Fatores que influenciam a sensibilidade e a integração sensorial
A sensibilidade e a interpretação dos estímulos variam conforme características individuais e contextuais. Genética, desenvolvimento neurofuncional, privação ou enriquecimento sensorial, estresse, sono, medicação e doenças neurológicas influenciam a plasticidade e a limiar de detecção. O treinamento específico pode aprimorar a discriminação perceptual, enquanto condições como neuropatia ou lesão cortical reduzem a capacidade de processamento.
Ferramentas e práticas relacionadas
- Exames neurológicos detalhados e exames de imagem (ressonância magnética) para avaliar integridade estrutural.
- Estudos eletrofisiológicos, como EEG e potenciais evocados, para analisar a condução e processamento neural.
- Testes de percepção, psicofísicos e de neuropsicologia para quantificar sensibilidade e integração multimodal.

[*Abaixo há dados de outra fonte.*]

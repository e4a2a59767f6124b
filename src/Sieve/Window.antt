-- ===== src/Sieve/Window.antt =====
-- A window of new_src/sieve_core.c from its table of primes to its candidates.
use gap_miner_v.Prelude.{
  ℕ, suc, ◌+◌, ◌-◌, ◌/◌, ◌%◌, ◌^◌, ◌≤◌, ◌<◌, ◌≡◌, ◌∙◌, refl, ap, arith, Bool, true, false, ◌||◌,
  some, List, ◌∷◌, map, length, ltb, u64, uint32_max,
}
use gap_miner_v.Sieve.{
  SievePrime, SieveCore, new_entry, init, init_window, prepare_base_mod_p, first_residue,
  candidates, run_from_cached_base, run_odd_only, with_residues, run_impl,
}
use gap_miner_v.Sieve.Odd.{AllReady, first_odd_offset, parity_of, run_odd_only_lem}
use gap_miner_v.Sieve.Table.{primes_from, primes_up_to_lem}
use gap_miner_v.Sieve.Rough.{
  rough_offsets, ready_entry, count_primes-map, prepare_from-map, primes_from-AllReady, table,
  rough-start,
}

abbrev core_of : ℕ → ℕ → List SievePrime → Bool → SieveCore
core_of size limit primes valid = record {
  interval_size = size;
  bitmap_words = u64 (size + 63) / 64;
  candidate_capacity = size;
  small_primes = primes;
  prime_limit = limit;
  base_mod_p_valid = valid;
}

primes_from-head :
    (limit : ℕ) → 2 ≤ limit → primes_from (limit - 1) 2 ≡ 2 ∷ primes_from (limit - 2) 3
primes_from-head limit two = let e : limit - 1 ≡ suc (limit - 2) = omega arith in rw e refl

init-some :
    (size limit p : ℕ) (primes : List ℕ)
    → init size (p ∷ primes) limit ≡ some (core_of size limit (map new_entry (p ∷ primes)) false)
unfolding init
init-some size limit p primes = refl

init_window-some :
    (size limit : ℕ)
    → 2 ≤ size
    → 2 ≤ limit
    → limit < 2 ^ 32
    → init_window size limit
      ≡ some (core_of size limit (map new_entry (primes_from (limit - 1) 2)) false)
unfolding init_window
init_window-some size limit large two small =
    let guard : (ltb size 2 || (ltb limit 2 || ltb uint32_max limit)) ≡ false = ground arith in
    rw (guard, primes_up_to_lem limit two small, primes_from-head limit two)
      (init-some size limit 2 (primes_from (limit - 2) 3))

prepare-core :
    (size limit base : ℕ) (primes : List ℕ)
    → prepare_base_mod_p (core_of size limit (map new_entry primes) false) base
      ≡ core_of size limit (map (ready_entry base) primes) true
unfolding prepare_base_mod_p with_residues
prepare-core size limit base primes =
    rw (count_primes-map primes, prepare_from-map base (length primes) 0 primes (omega arith)) refl

run-core :
    (size limit : ℕ) (primes : List SievePrime) (base_offset : ℕ)
    → run_from_cached_base (core_of size limit primes true) base_offset
      ≡ run_odd_only (core_of size limit primes true) 0 base_offset true
unfolding run_from_cached_base run_impl
run-core size limit primes base_offset = refl

-- Of a window that `sieve_core_init_window` sets up, prepared for a base, a run at an even offset of 64
-- bits lists the offsets of the odd numbers that no number from 2 up to the limit divides. The window
-- has from 2 to 2 ^ 33 - 2 offsets, up to which the count of candidates fits into its 32 bits, and the limit
-- is from 2 to UINT32_MAX.
pub window_candidates :
    (size limit base base_offset : ℕ)
    → 2 ≤ size
    → size + 2 ≤ 2 ^ 33
    → 2 ≤ limit
    → limit ≤ uint32_max
    → base_offset < 2 ^ 64
    → base_offset % 2 ≡ 0
    → (sc : SieveCore) × (init_window size limit ≡ some sc)
      × (run_from_cached_base (prepare_base_mod_p sc base) base_offset
          ≡ candidates (rough_offsets limit (base + base_offset) size 0))
window_candidates size limit base base_offset large small two bound word even = (
  core_of size limit (map new_entry (primes_from (limit - 1) 2)) false,
  init_window-some size limit large two (omega arith),
  rw
      (
        prepare-core size limit base (primes_from (limit - 1) 2),
        run-core size limit (map (ready_entry base) (primes_from (limit - 1) 2)) base_offset,
      )
      listed,
)
  where
    ready : AllReady true 0 base (map (ready_entry base) (primes_from (limit - 1) 2))
    ready = primes_from-AllReady base (limit - 1) 2 (omega arith) (omega arith)

    head : first_residue (map (ready_entry base) (primes_from (limit - 1) 2)) ≡ base % 2
    head = rw (primes_from-head limit two) refl

    first : ℕ
    first = first_odd_offset (parity_of true (map (ready_entry base) (primes_from (limit - 1) 2)))

    aligned : (base + base_offset + first) % 2 ≡ 1
    aligned = rw head (ground arith)

    listed :
        run_odd_only
          (core_of size limit (map (ready_entry base) (primes_from (limit - 1) 2)) true)
          0
          base_offset
          true
        ≡ candidates (rough_offsets limit (base + base_offset) size 0)
    listed =
        run_odd_only_lem (core_of size limit (table limit base two) true) base 0 base_offset true
          refl ready word large small
        ∙ ap candidates (
            rough-start limit base two (base + base_offset) size first (omega arith) (ground arith)
              aligned)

- Terapias de reabilitação, como estimulação sensorial, treino perceptual e intervenções em estilo de vida, para otimizar função.
Erros comuns a evitar
- Generalizar sintomas sem avaliação profissional, atribuindo alterações sensoriais apena a fadiga ou estresse.
- Ignorar sinais de alerta, como perda súbita de visão, audição ou força, que podem indicar emergência neurológica.
- Superestimar a estabilidade do sistema sensorial em idade avançada, adiamento de diagnóstico de neuropatias ou demência.
- Tratar ruídos de fundo ou desconfortos sensoriais como insignificantes, quando podem indicar sensibilidade anormal ou distúrbios de processamento.
Perguntas frequentes
Como posso melhorar a integração sensorial no dia a dia?
Pratique atividades que estimulam múltiplos sentidos, como cozinhar, caminhar em ambientes variados, ouvir música e identificar sons, e exercícios de mindfulness para aumentar a atenção aos estímulos presentes.

O sistema nervoso e sensorial tem relação com o estresse?
Sim, o estresse ativa o sistema nervoso autônomo e pode alterar a sensibilidade sensorial, aumentando a percepção de dor ou ruídos, além de modular a percepção de ameaças e a regulação emocional.
Quando devo procurar ajuda médica por alterações de sensação?
Procure orientação profissional quando as alterações forem súbitas, progressivas, associadas a tontura, fraqueza, fala alterada ou comprometimento de dois ou mais sentidos.
O treinamento pode mudar a percepção sensorial?
Sim, por meio de plasticidade cerebral, o treinamento específico pode refiniar a discriminação tactile, auditiva ou visual, melhorando a integração e reduzindo limiares de detecção em populações como músicos e atletas.